1950 to 1957, he was a lecturer at the University of Pennsylvania. From 1957 to 1989, he worked at the University of Rochester, New York, where he taught German language courses, Indo-European, Baltic, and Slavic linguistics. He began as an Assistant Professor, then became an Associate Professor. In time, he became a Full Professor. In 1989, upon his retirement, he was awarded the title of Professor Emeritus. He died on September 18, 2016, in Brighton, New York.

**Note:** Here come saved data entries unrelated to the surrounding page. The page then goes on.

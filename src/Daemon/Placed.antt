-- ===== src/Daemon/Placed.antt =====
-- What the daemon does for a machine that is not being migrated leaves its place and its migration
-- alone; with the migrations, this gives how the two change in a call.
use mathlib.Core.Option
use ch_vmm.Prelude.{String, ◌≡◌, refl, ap, ◌⊎◌, inl, inr, Option, none, some, if◌then◌else◌, str_eq}
use ch_vmm.Controller.Program.{
  Answer, done, not_found, already_exists, conflict, Program, return, Keeps, return-Keeps,
  bind-Keeps, then-Keeps, must-Keeps, if-Keeps, Keeps-coarser,
}
use ch_vmm.Daemon.{
  Vm, VmInfo, VmmState, Status, Phase, PowerAction, Migration, Pod, Server, Node, State, Trace,
  set_phase, modify,
}
use ch_vmm.Daemon.Frame.{Frames, fail-Frames, event-Frames, get_status-Frames, call-Frames}
use ch_vmm.Daemon.Frame.Mounted.{cleanup-Frames, mount_volumes-Frames}
use ch_vmm.Daemon.Frame.Plugged.{reconcile_volumes-Frames}
use ch_vmm.Daemon.Phases.{
  reconcile_restoring, follow_created, start_if, reconcile_scheduled, resume_if, reconcile_resumed,
  resize_if, reconcile_resizing, serve, reconcile_serving, if_here, reconcile_running,
  reconcile_phase,
}
use ch_vmm.Daemon.Reconcile.{reconcile_deleting, delete_vm, reconcile}
use ch_vmm.Daemon.Steps.{
  ask-Frames, get_info-Frames, must_or_tell-Frames, create_vm-Frames, boot_vm-Frames,
  power_if-Frames, reconcile_paused-Frames,
}
use ch_vmm.Daemon.Migrate.{migrate}
use ch_vmm.Daemon.Moves.{Stepped, migrate-Moves}
use ch_vmm.Daemon.Handover.{Taken, migrate-Takes}
use ch_vmm.Daemon.Whole.{read, reconcile_relates, delete_if-Frames}

abbrev place : State → String × Option Migration
place s = (s.0.status.node_name, s.0.status.migration)

abbrev Places : {A : Type 0} → Program State A → Type 0
Places m = Keeps place m

Frames-Places : {A : Type 0} {m : Program State A} → Frames m → Places m
Frames-Places h = Keeps-coarser (λ f. (f.1, f.2)) h

set_phase-Places : (p : Phase) → Places (set_phase p)
set_phase-Places p = record { kept = λ s. refl }

power-Places : (a : PowerAction) → Places (modify (λ s. record s { power_action = a }))
power-Places a = record { kept = λ s. refl }

ruleset places = (
  return-Keeps, bind-Keeps, then-Keeps, must-Keeps, if-Keeps, Frames-Places, set_phase-Places,
  power-Places, fail-Frames, event-Frames, get_status-Frames, call-Frames, ask-Frames,
  get_info-Frames, must_or_tell-Frames,
)

module _ (server : Server) (node : Node) (vm : Vm) where
  restoring-Places : Places (reconcile_restoring server node vm)
  unfolding reconcile_restoring
  restoring-Places = search places depth 12

  follow_created-Places : (v : VmmState) → Places (follow_created server node vm v)
  unfolding follow_created
  follow_created-Places VmmState.created = Frames-Places (boot_vm-Frames server node vm)
  follow_created-Places VmmState.running = search places
  follow_created-Places VmmState.paused = search places
  follow_created-Places VmmState.shutdown = search places
  follow_created-Places VmmState.other = search places

  start_if-Places : (a : Answer × VmInfo) → Places (start_if server node vm a)
  unfolding start_if
  start_if-Places (done, i) = follow_created-Places i.state
  start_if-Places (not_found, i) = Frames-Places (create_vm-Frames server node vm)
  start_if-Places (already_exists, i) = search places
  start_if-Places (conflict, i) = search places
  start_if-Places (Answer.failed, i) = search places

  scheduled-Places : Places (reconcile_scheduled server node vm)
  unfolding reconcile_scheduled
  scheduled-Places = search (places, mount_volumes-Frames, start_if-Places) depth 8

  resume_if-Places : (v : VmmState) → Places (resume_if server node vm v)
  unfolding resume_if
  resume_if-Places VmmState.paused = search places depth 8
  resume_if-Places VmmState.created = search places
  resume_if-Places VmmState.running = search places
  resume_if-Places VmmState.shutdown = search places
  resume_if-Places VmmState.other = search places

  resumed-Places : Places (reconcile_resumed server node vm)
  unfolding reconcile_resumed
  resumed-Places = search (places, resume_if-Places) depth 8

  resize_if-Places : (i : VmInfo) → Places (resize_if server node vm i)
  unfolding resize_if
  resize_if-Places i = search places depth 8

  resizing-Places : Places (reconcile_resizing server node vm)
  unfolding reconcile_resizing
  resizing-Places =
      bind-Keeps (Frames-Places (get_info-Frames server node vm))
        (λ a. then-Keeps (must-Keeps a.0) (at_state a.1 a.1.state))
    where
      at_state :
          (i : VmInfo) (v : VmmState)
          → Places (elim v [
            | VmmState.running ↦ resize_if server node vm i
            | VmmState.paused ↦ resize_if server node vm i
            | _ ↦ return tt
          ])
      at_state i VmmState.running = resize_if-Places i
      at_state i VmmState.paused = resize_if-Places i
      at_state i VmmState.created = return-Keeps tt
      at_state i VmmState.shutdown = return-Keeps tt
      at_state i VmmState.other = return-Keeps tt

  serve-Places : (i : VmInfo) → Places (serve server node vm i)
  unfolding serve
  serve-Places i = search (places, reconcile_volumes-Frames, power_if-Frames) depth 10

  serving-Places : Places (reconcile_serving server node vm)
  unfolding reconcile_serving
  serving-Places =
      bind-Keeps (Frames-Places (get_info-Frames server node vm))
        (λ a. then-Keeps (must-Keeps a.0) (at_state a.1 a.1.state))
    where
      at_state :
          (i : VmInfo) (v : VmmState)
          → Places (elim v [
            | VmmState.running ↦ serve server node vm i
            | VmmState.paused ↦ serve server node vm i
            | _ ↦ set_phase Phase.succeeded
          ])
      at_state i VmmState.running = serve-Places i
      at_state i VmmState.paused = serve-Places i
      at_state i VmmState.created = set_phase-Places _
      at_state i VmmState.shutdown = set_phase-Places _
      at_state i VmmState.other = set_phase-Places _

  if_here-Places : {m : Program State (Unit {0})} → Places m → Places (if_here server node vm m)
  unfolding if_here
  if_here-Places {m = m} h =
      bind-Keeps (Frames-Places get_status-Frames) (λ s. at_migration s s.migration)
    where
      at_migration :
          (s : Status) (o : Option Migration)
          → Places (elim o [
            | some migration ↦ return tt
            | none ↦ if str_eq s.node_name node.name then m else return tt
          ])
      at_migration s (some migration) = return-Keeps tt
      at_migration s none = if-Keeps (str_eq s.node_name node.name) h (return-Keeps tt)

  deleting-Places : (pod : Pod) → Places (reconcile_deleting server node vm pod)
  unfolding reconcile_deleting delete_vm
  deleting-Places pod = search (places, delete_if-Frames, cleanup-Frames)

  -- A relation of the status before and after the work on a machine holds if it does wherever the
  -- place stays, and for a migration.
  work_relates :
      (R : Status → Status → Type 0) (s : State)
      → ((m : Program State (Unit {0})) → Places m → R s.0.status (m s).1.0.status)
      → ((m : Migration) (pod : Pod)
          → s.0.status.migration ≡ some m
          → R s.0.status (migrate server node vm m pod s).1.0.status)
      → (p : Phase) (pod : Pod) → R s.0.status (reconcile_phase server node vm p pod s).1.0.status
  unfolding reconcile_phase reconcile_running
  work_relates R s placed moved Phase.restoring pod = placed _ restoring-Places
  work_relates R s placed moved Phase.scheduled pod = placed _ scheduled-Places
  work_relates R s placed moved Phase.paused pod =
      placed _ (if_here-Places (Frames-Places (reconcile_paused-Frames server node vm)))
  work_relates R s placed moved Phase.resumed pod = placed _ (if_here-Places resumed-Places)
  work_relates R s placed moved Phase.resizing pod = placed _ (if_here-Places resizing-Places)
  work_relates R s placed moved Phase.succeeded pod =
      placed _ (Frames-Places (cleanup-Frames server node vm))
  work_relates R s placed moved Phase.failed pod =
      placed _ (Frames-Places (cleanup-Frames server node vm))
  work_relates R s placed moved Phase.snapshotting pod = placed _ (return-Keeps tt)
  work_relates R s placed moved Phase.other pod = placed _ (return-Keeps tt)
  work_relates R s placed moved Phase.running pod = at_migration s.0.status.migration refl
    where
      at_migration :
          (o : Option Migration)
          → s.0.status.migration ≡ o
          → R s.0.status
              ((elim o as (λ o. Program State (Unit {0})) [
                | some m ↦ migrate server node vm m pod
                | none ↦
                    if str_eq s.0.status.node_name node.name
                    then reconcile_serving server node vm
                    else return tt
              ])
                s).1.0.status
      at_migration (some m) e = moved m pod e
      at_migration none e =
          placed _
            (if-Keeps (str_eq s.0.status.node_name node.name) serving-Places (return-Keeps tt))

  -- How the phase of a migration changes.
  unfoldable pub Migrates : Status → Status → Type 0
  Migrates x y =
      (Option.map (λ m. m.phase) y.migration ≡ Option.map (λ m. m.phase) x.migration)
      ⊎ ((m : Migration) × (x.migration ≡ some m)
          × Stepped m.phase (Option.map (λ m'. m'.phase) y.migration))

  -- Whatever the server, the hypervisor and the host answer, and however the call ends, one call of
  -- the daemon's reconciler changes the phase of a migration only along the steps: one that is
  -- scheduled gets ready or fails, one that is ready begins to run, one that runs is sent or fails,
  -- and one that is sent succeeds.
  pub daemon-reconcile-Migrates :
      (s : State) → Migrates s.0.status (reconcile server node vm s).1.0.status
  unfolding Migrates
  daemon-reconcile-Migrates s =
      let placed = λ (m : Program State (Unit {0})) (h : Places m).
        inl (ap (λ x. Option.map (λ m. m.phase) x.1) (h.kept (read s))) in
      reconcile_relates server node vm Migrates (λ x. inl refl) s
        (λ pod.
          work_relates Migrates (read s) placed
            (λ m pod e. elim ((migrate-Moves server node vm m pod).changed (read s)) [
              | inl k ↦ inl k
              | inr st ↦ inr (m, e, st)
            ])
            s.0.status.phase pod)
        (λ pod d. placed _ (deleting-Places pod))

  -- How the node of a machine changes, where the trace is that at which the daemon has read all.
  unfoldable pub Relocates : Trace → Status → Status → Type 0
  unfolding Taken
  Relocates t x y =
      (y.node_name ≡ x.node_name)
      ⊎ ((m : Migration) × (x.migration ≡ some m) × Taken server node vm m t y.node_name)

  -- Whatever the server, the hypervisor and the host answer, one call of the daemon's reconciler
  -- leaves the machine on its node, or the machine is in a migration that has been sent to this node,
  -- is now here, and the hypervisor of the target, asked behind the requests for the machine and its
  -- pod, has said that it runs the machine.
  pub daemon-reconcile-Relocates :
      (s : State) → Relocates (read s).1 s.0.status (reconcile server node vm s).1.0.status
  unfolding Relocates
  daemon-reconcile-Relocates s =
      let R = Relocates (read s).1 in
      let placed =
        λ (m : Program State (Unit {0})) (h : Places m). inl (ap (λ x. x.0) (h.kept (read s))) in
      reconcile_relates server node vm R (λ x. inl refl) s
        (λ pod.
          work_relates R (read s) placed
            (λ m pod e. elim (migrate-Takes server node vm m pod (read s)) [
              | inl k ↦ inl k
              | inr st ↦ inr (m, e, st)
            ])
            s.0.status.phase pod)
        (λ pod d. placed _ (deleting-Places pod))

== Selected bibliography ==

- 1966–1999 Introduction to Modem Lithuanian (Dabartinės lietuvių kalbos įvadas), with L. Dambriūnas and William R. Schmalstieg
- 1967 Lithuanian Reader for Self-Instruction (Lietuvių kalbos skaitiniai savimokai), with William R. Schmalstieg
- 1977, 2010 Key to the Exercises for Introduction to Modern Lithuanian and Beginner's Lithuanian
- 1971 Lithuanian-English Glossary of Linguistic Terminology (Lietuvių-anglų kalbų kalbotyros terminų žodynėlis), with William R. Schmalstieg
- 1999 Lithuanian Diminutive Noun Dictionary (Lietuvių kalbos mažybinių (maloninių) daiktavardžių žodynėlis), Vilnius
- 2005 Lithuanian Sound Word Dictionary (Lietuvių kalbos garsažodžių žodynėlis), Kaunas
- 2005 Lithuanian Homonym Dictionary (Lietuvių kalbos homonimų žodynėlis)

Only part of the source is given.